RECORDS FOR THIS TASK ▸
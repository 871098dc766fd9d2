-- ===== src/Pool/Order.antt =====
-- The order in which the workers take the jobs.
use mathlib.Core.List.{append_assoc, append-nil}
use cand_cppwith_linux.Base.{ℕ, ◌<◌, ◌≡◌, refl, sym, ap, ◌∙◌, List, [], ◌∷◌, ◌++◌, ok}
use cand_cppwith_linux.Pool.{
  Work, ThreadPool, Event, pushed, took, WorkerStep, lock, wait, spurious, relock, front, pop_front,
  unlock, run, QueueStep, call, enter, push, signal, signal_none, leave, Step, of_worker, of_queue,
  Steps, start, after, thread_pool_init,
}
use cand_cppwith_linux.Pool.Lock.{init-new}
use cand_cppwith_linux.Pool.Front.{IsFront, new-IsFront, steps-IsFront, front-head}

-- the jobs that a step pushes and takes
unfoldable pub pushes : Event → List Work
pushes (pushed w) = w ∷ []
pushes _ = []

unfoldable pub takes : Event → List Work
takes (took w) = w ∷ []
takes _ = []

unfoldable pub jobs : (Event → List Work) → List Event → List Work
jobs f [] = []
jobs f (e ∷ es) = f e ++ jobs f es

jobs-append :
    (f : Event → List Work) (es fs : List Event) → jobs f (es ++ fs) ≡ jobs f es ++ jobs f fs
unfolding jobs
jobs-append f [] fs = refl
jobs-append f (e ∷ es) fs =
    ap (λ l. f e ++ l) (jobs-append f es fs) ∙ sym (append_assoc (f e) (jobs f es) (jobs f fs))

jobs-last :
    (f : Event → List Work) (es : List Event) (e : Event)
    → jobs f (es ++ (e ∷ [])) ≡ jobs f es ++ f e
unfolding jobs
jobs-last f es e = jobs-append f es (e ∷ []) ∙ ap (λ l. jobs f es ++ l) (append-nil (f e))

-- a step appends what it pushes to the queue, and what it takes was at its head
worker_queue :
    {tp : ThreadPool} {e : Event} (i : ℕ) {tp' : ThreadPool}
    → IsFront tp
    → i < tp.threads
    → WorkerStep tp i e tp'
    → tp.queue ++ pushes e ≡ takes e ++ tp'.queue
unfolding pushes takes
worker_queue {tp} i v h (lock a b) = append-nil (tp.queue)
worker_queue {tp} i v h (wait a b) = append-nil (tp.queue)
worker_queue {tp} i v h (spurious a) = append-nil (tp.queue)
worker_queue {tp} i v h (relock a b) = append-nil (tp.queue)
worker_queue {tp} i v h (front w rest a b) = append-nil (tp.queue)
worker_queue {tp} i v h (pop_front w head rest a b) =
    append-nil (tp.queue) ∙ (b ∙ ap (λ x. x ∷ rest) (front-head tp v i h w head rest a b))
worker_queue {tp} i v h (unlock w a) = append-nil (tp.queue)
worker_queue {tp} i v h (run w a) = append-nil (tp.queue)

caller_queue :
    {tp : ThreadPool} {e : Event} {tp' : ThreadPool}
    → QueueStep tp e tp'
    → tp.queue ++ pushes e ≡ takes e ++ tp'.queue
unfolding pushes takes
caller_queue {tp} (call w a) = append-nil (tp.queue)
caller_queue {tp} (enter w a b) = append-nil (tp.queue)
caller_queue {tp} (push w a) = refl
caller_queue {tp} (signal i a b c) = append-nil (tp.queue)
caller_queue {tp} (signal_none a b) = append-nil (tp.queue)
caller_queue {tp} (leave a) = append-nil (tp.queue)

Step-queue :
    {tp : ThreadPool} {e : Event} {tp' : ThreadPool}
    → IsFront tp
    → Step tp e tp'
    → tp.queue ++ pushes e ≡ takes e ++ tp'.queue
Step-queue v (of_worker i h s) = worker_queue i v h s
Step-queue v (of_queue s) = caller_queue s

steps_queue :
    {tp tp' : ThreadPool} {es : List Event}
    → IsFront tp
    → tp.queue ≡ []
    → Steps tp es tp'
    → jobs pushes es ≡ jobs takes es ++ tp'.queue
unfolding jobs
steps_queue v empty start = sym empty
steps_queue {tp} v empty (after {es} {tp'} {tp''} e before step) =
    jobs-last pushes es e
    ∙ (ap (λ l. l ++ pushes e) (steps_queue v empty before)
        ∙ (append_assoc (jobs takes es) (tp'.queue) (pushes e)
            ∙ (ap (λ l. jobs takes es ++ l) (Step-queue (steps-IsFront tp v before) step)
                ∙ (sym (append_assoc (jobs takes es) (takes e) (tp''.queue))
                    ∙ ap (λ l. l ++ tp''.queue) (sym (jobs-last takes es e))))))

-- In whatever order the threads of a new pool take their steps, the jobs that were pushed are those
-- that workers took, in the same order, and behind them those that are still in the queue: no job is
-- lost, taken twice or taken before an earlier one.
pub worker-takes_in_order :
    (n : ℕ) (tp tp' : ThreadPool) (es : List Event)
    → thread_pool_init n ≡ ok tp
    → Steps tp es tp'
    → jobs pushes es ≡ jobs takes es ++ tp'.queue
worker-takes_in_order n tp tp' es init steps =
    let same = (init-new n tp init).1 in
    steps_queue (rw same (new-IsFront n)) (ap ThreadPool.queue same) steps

ASSIGNED TASK ▸
Going back over the entries above, copy word for word every line from the one that has "jobs-last pushes es e" on through the one that has "v before) step)".

REPLY TO THE TASK ▸
    jobs-last pushes es e
    ∙ (ap (λ l. l ++ pushes e) (steps_queue v empty before)
        ∙ (append_assoc (jobs takes es) (tp'.queue) (pushes e)
            ∙ (ap (λ l. jobs takes es ++ l) (Step-queue (steps-IsFront tp v before) step)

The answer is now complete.